Mobilita' volontaria tra aziende ed enti del comparto e con altre amministrazioni di comparti diversi

 

1.  La  mobilita'  volontaria dei dipendenti tra le aziende e tutti gli  enti  del  comparto  di cui al CCNQ del 2 giugno 1998 - anche di regioni  diverse  -  in  presenza  della relativa vacanza di organico avviene  a  domanda  del  dipendente che abbia superato il periodo di prova,  con  l'assenso  dell'azienda  di  destinazione e nel rispetto della  categoria,  profilo  professionale,  disciplina ove prevista e posizione economica di appartenenza del dipendente stesso.

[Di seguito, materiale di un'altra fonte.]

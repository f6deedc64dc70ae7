-- ===== src/Tak/Bridge/Messages.antt =====
-- meshcore_rpc_services/tak/bridge.py: what a retained message does to the bridge.
use meshcore_rpc_services.Prelude.{◌&&◌, Option, none, some, String, ◌==◌, if◌then◌else◌}
use meshcore_rpc_services.Prelude.Int.{Fixed}
use meshcore_rpc_services.Prelude.Dict.{Dict}
use meshcore_rpc_services.Prelude.Split.{ends_with}
use meshcore_rpc_services.Runtime.{Result, ok}
use meshcore_rpc_services.Topics
use meshcore_rpc_services.Value.{Json, obj, entries}
use meshcore_rpc_services.Tak.Cot.{Writer}
use meshcore_rpc_services.Tak.NodeTopic.{base_key, node_prefix_slash, extract_node_id, key_for}
use meshcore_rpc_services.Tak.Bridge.{
  Bridge, TakBridgeConfig, merge_state, update_offline_tracking, publish_one,
}
use text.Mathlib.Text.{starts_with}

abbrev pub located : Option String → Dict Json → Fixed → Bridge → Bridge
located none d now b = b
located (some node_id) d now b = merge_state node_id d "node" now b

abbrev pub stated : Option String → Dict Json → Fixed → Bridge → Bridge
stated none d now b = b
stated (some node_id) d now b =
    update_offline_tracking node_id d now (merge_state node_id d "node" now b)

-- The branches of `_handle_mqtt_message` by the topic; `none` where it returns at once.
unfoldable pub ingest : String → Dict Json → Fixed → Bridge → Option Bridge
ingest topic d now b =
    if topic == Topics.base_location
    then some (merge_state base_key d "base" now b)
    else if starts_with topic node_prefix_slash && ends_with topic "/location"
    then some (located (extract_node_id topic "/location") d now b)
    else if starts_with topic node_prefix_slash && ends_with topic "/state"
    then some (stated (extract_node_id topic "/state") d now b)
    else none

-- `decode` is `json.loads` of the payload as UTF-8 text, `none` where either of the two raises.
module _ (writer : Writer) (cfg : TakBridgeConfig) (decode : String → Option Json) where
  abbrev pub publish_changed :
      String → Dict Json → Fixed → Option Bridge → Bridge → Result Unit × Bridge
  publish_changed topic d now none b = (ok tt, b)
  publish_changed topic d now (some b') b = publish_one writer cfg (key_for topic d) now b'

  -- A payload that is no dict is passed over.
  abbrev pub on_payload : String → Option Json → Fixed → Bridge → Result Unit × Bridge
  on_payload topic (some (obj fs)) now b =
      publish_changed topic (entries fs) now (ingest topic (entries fs) now b) b
  on_payload topic _ now b = (ok tt, b)

  -- `_handle_mqtt_message`
  unfoldable pub handle_mqtt_message : String → String → Fixed → Bridge → Result Unit × Bridge
  handle_mqtt_message topic payload now b = on_payload topic (decode payload) now b
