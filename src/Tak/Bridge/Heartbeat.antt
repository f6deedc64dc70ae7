-- ===== src/Tak/Bridge/Heartbeat.antt =====
-- meshcore_rpc_services/tak/bridge.py: a round of the heartbeat, and what it evicts.
use meshcore_rpc_services.Prelude.{
  Bool, Option, none, some, List, [], ◌∷◌, String, map, filter, if◌then◌else◌,
}
use meshcore_rpc_services.Prelude.Int.{ℤ, pos, Fixed, of_int, leb_ℤ, ◌-ℤ◌}
use meshcore_rpc_services.Prelude.Dict.{Dict, lookup, erase}
use meshcore_rpc_services.Runtime.{Result}
use meshcore_rpc_services.Value.{Json, number?}
use meshcore_rpc_services.Tak.Cot.{Writer, build_drop_cot}
use meshcore_rpc_services.Tak.Bridge.{
  Bridge, TakBridgeConfig, cot_type_of, uid_of, enqueue, republish_all,
}

-- The node has been offline for the threshold.
abbrev pub is_overdue : ℤ → Fixed → Fixed → Bool
is_overdue threshold now since = leb_ℤ (of_int threshold) (now -ℤ since)

unfoldable pub forget : String → Bridge → Bridge
forget node_id b = record b {
  state = erase node_id b.state;
  offline_since = erase node_id b.offline_since;
}

module _ (writer : Writer) (cfg : TakBridgeConfig) where
  abbrev pub drop_at : String → Fixed → Option Fixed → Option Fixed → Bridge → Bridge
  drop_at node_id now (some lat) (some lon) b =
      enqueue (build_drop_cot writer (uid_of node_id) (cot_type_of writer cfg node_id) lat lon now)
        b
  drop_at node_id now _ _ b = b

  -- `_publish_drop`
  abbrev pub publish_drop : String → Fixed → Option (Dict Json) → Bridge → Bridge
  publish_drop node_id now none b = b
  publish_drop node_id now (some r) b =
      drop_at node_id now (number? (lookup "lat" r)) (number? (lookup "lon" r)) b

  unfoldable pub evict : List String → Fixed → Bridge → Bridge
  evict [] now b = b
  evict (node_id ∷ rest) now b =
      evict rest now (forget node_id (publish_drop node_id now (lookup node_id b.state) b))

  abbrev pub to_evict : Fixed → Dict Fixed → List String
  to_evict now since =
      map (λ e. e.0) (filter (λ e. is_overdue cfg.remove_after_offline_s now e.1) since)

  -- `_evict_long_offline`
  unfoldable pub evict_long_offline : Fixed → Bridge → Bridge
  evict_long_offline now b =
      if leb_ℤ cfg.remove_after_offline_s (pos 0)
      then b
      else evict (to_evict now b.offline_since) now b

  -- A round of `_heartbeat`, behind its sleep: an exception ends the task.
  unfoldable pub heartbeat_round : Fixed → Bridge → Result Unit × Bridge
  heartbeat_round now b = republish_all writer cfg now (evict_long_offline now b)
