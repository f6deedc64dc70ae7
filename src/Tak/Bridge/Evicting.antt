-- ===== src/Tak/Bridge/Evicting.antt =====
-- The heartbeat evicts the nodes that are offline for the threshold, and no others.
use meshcore_rpc_services.Prelude.{
  ◌≡◌, refl, ap, ◌∙◌, Bool, true, false, not, ◌&&◌, Option, none, some, List, [], ◌∷◌, String,
  arith, ◌==◌, if◌then◌else◌, Bool-cases, inl, inr,
}
use meshcore_rpc_services.Prelude.Int.{pos, Fixed, leb_ℤ}
use meshcore_rpc_services.Prelude.Dict.{Dict, lookup, lookup-erase}
use meshcore_rpc_services.Prelude.Keys.{IsDistinct, has_key, has_key-filter}
use meshcore_rpc_services.Value.{Json, number?}
use meshcore_rpc_services.Tak.Cot.{Writer}
use meshcore_rpc_services.Tak.Bridge.{Bridge, TakBridgeConfig}
use meshcore_rpc_services.Tak.Bridge.Heartbeat.{
  is_overdue, drop_at, publish_drop, forget, evict, to_evict, evict_long_offline,
}

if_erased :
    {V : Type 0} (id k : String) (gone : Bool) (o o' : Option V)
    → o ≡ (if k == id then none else o')
    → (if gone then none else o) ≡ (if (if k == id then true else gone) then none else o')
if_erased id k gone o o' h = ground (arith, h)

module _ (writer : Writer) (cfg : TakBridgeConfig) where
  drop_at_kept :
      (node_id : String) (now : Fixed) (lat lon : Option Fixed) (b : Bridge)
      → ((drop_at writer cfg node_id now lat lon b).state ≡ b.state)
        × ((drop_at writer cfg node_id now lat lon b).offline_since ≡ b.offline_since)
  drop_at_kept node_id now (some lat) (some lon) b = (refl, refl)
  drop_at_kept node_id now (some lat) none b = (refl, refl)
  drop_at_kept node_id now none lon b = (refl, refl)

  pub publish_drop_kept :
      (node_id : String) (now : Fixed) (r : Option (Dict Json)) (b : Bridge)
      → ((publish_drop writer cfg node_id now r b).state ≡ b.state)
        × ((publish_drop writer cfg node_id now r b).offline_since ≡ b.offline_since)
  publish_drop_kept node_id now none b = (refl, refl)
  publish_drop_kept node_id now (some r) b =
      drop_at_kept node_id now (number? (lookup "lat" r)) (number? (lookup "lon" r)) b

  lookup-evict :
      (id : String) (ids : List String) (now : Fixed) (b : Bridge)
      → (lookup id (evict writer cfg ids now b).state
          ≡ (if has_key id ids then none else lookup id b.state))
        × (lookup id (evict writer cfg ids now b).offline_since
            ≡ (if has_key id ids then none else lookup id b.offline_since))
  unfolding evict forget
  lookup-evict id [] now b = (refl, refl)
  lookup-evict id (k ∷ ids) now b =
      let b' = publish_drop writer cfg k now (lookup k b.state) b in
      let (first, second) = lookup-evict id ids now (forget k b') in
      let (kept, kept') = publish_drop_kept k now (lookup k b.state) b in
      (
        first ∙ if_erased id k (has_key id ids) _ _ (lookup-erase k id b'.state ∙ rw kept),
        second
            ∙ if_erased id k (has_key id ids) _ _ (lookup-erase k id b'.offline_since ∙ rw kept'),
      )

  -- The node is known to be offline, and has been for the threshold, which is not zero.
  abbrev pub is_long_offline : Option Fixed → Fixed → Bool
  is_long_offline none now = false
  is_long_offline (some since) now =
      not (leb_ℤ cfg.remove_after_offline_s (pos 0))
      && is_overdue cfg.remove_after_offline_s now since

  stays :
      (o : Option Fixed) (now : Fixed)
      → leb_ℤ cfg.remove_after_offline_s (pos 0) ≡ true
      → is_long_offline o now ≡ false
  stays none now off = refl
  stays (some since) now off = rw off

  goes :
      (o : Option Fixed) (now : Fixed)
      → leb_ℤ cfg.remove_after_offline_s (pos 0) ≡ false
      → (elim o [ none ↦ false | some since ↦ is_overdue cfg.remove_after_offline_s now since ])
        ≡ is_long_offline o now
  goes none now on = refl
  goes (some since) now on = rw on

  -- Where no node has two offline times, a round of eviction removes a node's record and its
  -- offline time exactly if the node has been offline for the threshold, and leaves those of all
  -- other nodes as they are; with a threshold of zero or less it removes nothing.
  pub lookup-evict_long_offline :
      (id : String) (now : Fixed) (b : Bridge)
      → IsDistinct b.offline_since
      → (lookup id (evict_long_offline writer cfg now b).state
          ≡ (if is_long_offline (lookup id b.offline_since) now then none else lookup id b.state))
        × (lookup id (evict_long_offline writer cfg now b).offline_since ≡ (
            if is_long_offline (lookup id b.offline_since) now
            then none
            else lookup id b.offline_since))
  unfolding evict_long_offline
  lookup-evict_long_offline id now b h =
      elim (Bool-cases (leb_ℤ cfg.remove_after_offline_s (pos 0))) [
        | inl off ↦ rw (off, stays (lookup id b.offline_since) now off) (refl, refl)
        | inr on ↦
            let ids = to_evict writer cfg now b.offline_since in
            let gone =
              has_key-filter (is_overdue cfg.remove_after_offline_s now) id b.offline_since h
              ∙ goes (lookup id b.offline_since) now on in
            let (first, second) = lookup-evict id ids now b in
            rw on (
              first ∙ ap (λ g. if g then none else lookup id b.state) gone,
              second ∙ ap (λ g. if g then none else lookup id b.offline_since) gone,
            )
      ]
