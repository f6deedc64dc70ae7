-- ===== src/Tak/NodeTopic/Shapes.antt =====
-- What the topics that the service builds look like to the tests of the bridge.
use meshcore_rpc_services.Prelude.{
  ◌≡◌, refl, sym, ap, ◌∙◌, true, false, String, ◌==◌, [], ◌∷◌, format, Bool-cases, inl, inr,
}
use Prim.Native.String.{◌++◌}
use text.Mathlib.Text.{starts_with}
use text.Mathlib.TextLemmas.{append_assoc}
use meshcore_rpc_services.Prelude.Split.{
  ends_with, ends_with-append, drop_end, drop_end-join, append-same_length,
}
use meshcore_rpc_services.Topics
use meshcore_rpc_services.Tak.NodeTopic.{node_prefix_slash}
use meshcore_rpc_services.Tak.NodeTopic.Parsing.{topic_begins, not_base, format-topic_of}

-- The topic is not the base's, and is one of a node's.
abbrev IsNodes : String → Type 0
IsNodes topic =
    ((topic == Topics.base_location) ≡ false) × (starts_with topic node_prefix_slash ≡ true)

topic_of-IsNodes :
    (node_id suffix : String) → IsNodes (format (Topics.node_prefix ∷ "/" ∷ node_id ∷ suffix ∷ []))
topic_of-IsNodes node_id suffix =
    rw (format-topic_of node_id suffix) (not_base node_id suffix, topic_begins node_id suffix)

topic_of-end :
    (node_id suffix : String)
    → ends_with (format (Topics.node_prefix ∷ "/" ∷ node_id ∷ suffix ∷ [])) suffix ≡ true
topic_of-end node_id suffix =
    rw (format-topic_of node_id suffix) (ends_with-append (node_prefix_slash ++ node_id) suffix)

pub location_topic-shape :
    (node_id : String)
    → IsNodes (Topics.node_location_topic node_id)
      × (ends_with (Topics.node_location_topic node_id) "/location" ≡ true)
unfolding Topics.node_location_topic
location_topic-shape node_id =
    (topic_of-IsNodes node_id "/location", topic_of-end node_id "/location")

-- The last six characters differ.
not_location : (s : String) → ends_with (s ++ "/state") "/location" ≡ false
not_location s = elim (Bool-cases (ends_with (s ++ "/state") "/location")) [
  | inl found ↦
      let head = drop_end (s ++ "/state") "/location" in
      let e =
        drop_end-join (s ++ "/state") "/location" found ∙ sym (append_assoc head "/lo" "cation") in
      let wrong : ◌≡◌ {A = String} "/state" "cation" =
        append-same_length s (head ++ "/lo") "/state" "cation" e refl in
      let never : true ≡ false = ap (λ t. t == "/state") wrong in absurd cc
  | inr other ↦ other
]

pub state_topic-shape :
    (node_id : String)
    → IsNodes (Topics.node_state_topic node_id)
      × (ends_with (Topics.node_state_topic node_id) "/location" ≡ false)
      × (ends_with (Topics.node_state_topic node_id) "/state" ≡ true)
unfolding Topics.node_state_topic
state_topic-shape node_id = (
  topic_of-IsNodes node_id "/state",
  rw (format-topic_of node_id "/state") (not_location (node_prefix_slash ++ node_id)),
  topic_of-end node_id "/state",
)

2.  Il  nulla osta dell'azienda o ente di appartenenza, qualora non venga  concesso entro dieci giorni dalla richiesta, e' sostituito dal preavviso di un mese.

3. Nel caso in cui il nulla osta venga concesso, ma sia rinviato ad una  data  posteriore a quella richiesta dal dipendente, il posticipo non puo' essere superiore a tre mesi.

4.  La  mobilita' non comporta novazione del rapporto di lavoro. Il fascicolo personale segue il dipendente trasferito.

5.  Al  fine  di favorire la mobilita' esterna, le aziende ed enti, nell'ambito della programmazione annuale del fabbisogno del personale individuano  i  posti  da mettere a disposizione a detto titolo nelle varie categorie e profili professionali. Le aziende possono ricorrere anche  ad  apposito  bando  al  quale  deve  essere  data la maggiore pubblicita'  possibile. In tal caso, in mancanza di domande pervenute nei   termini,  procedono  sulla  base  delle  domande  eventualmente presentate anche dopo la scadenza.

6.  In  caso di piu' domande rispetto ai posti messi a disposizione l'azienda   procede  ad  una  valutazione  positiva  e  comparata  da effettuarsi  in  base  al  curriculum di carriera e professionale del personale interessato in rapporto al posto da ricoprire. A parita' di valutazione   possono   altresi'   essere   prese  in  considerazione documentate   situazioni   familiari   (ricongiunzione   del   nucleo familiare,  numero  dei  famigliari,  distanza  tra  le  sedi ecc.) o sociali.

7.   Il   comma   1   si   applica  anche  nel  caso  di  mobilita' intercompartimentale   dei   dipendenti  purche'  le  amministrazioni interessate  abbiano dato il proprio nulla osta. La comunicazione del nulla osta o del suo diniego da parte dell'azienda di appartenenza e' effettuata entro un mese dalla data della domanda.

8.  Sono  disapplicati  gli  articoli 40,  41,  42  del decreto del Presidente della Repubblica n. 761/1979 e gli articoli 12, 13, 14, 15 del  decreto del Presidente della Repubblica n. 384/1990 e art. 9 del CCNL del 22 maggio 1997.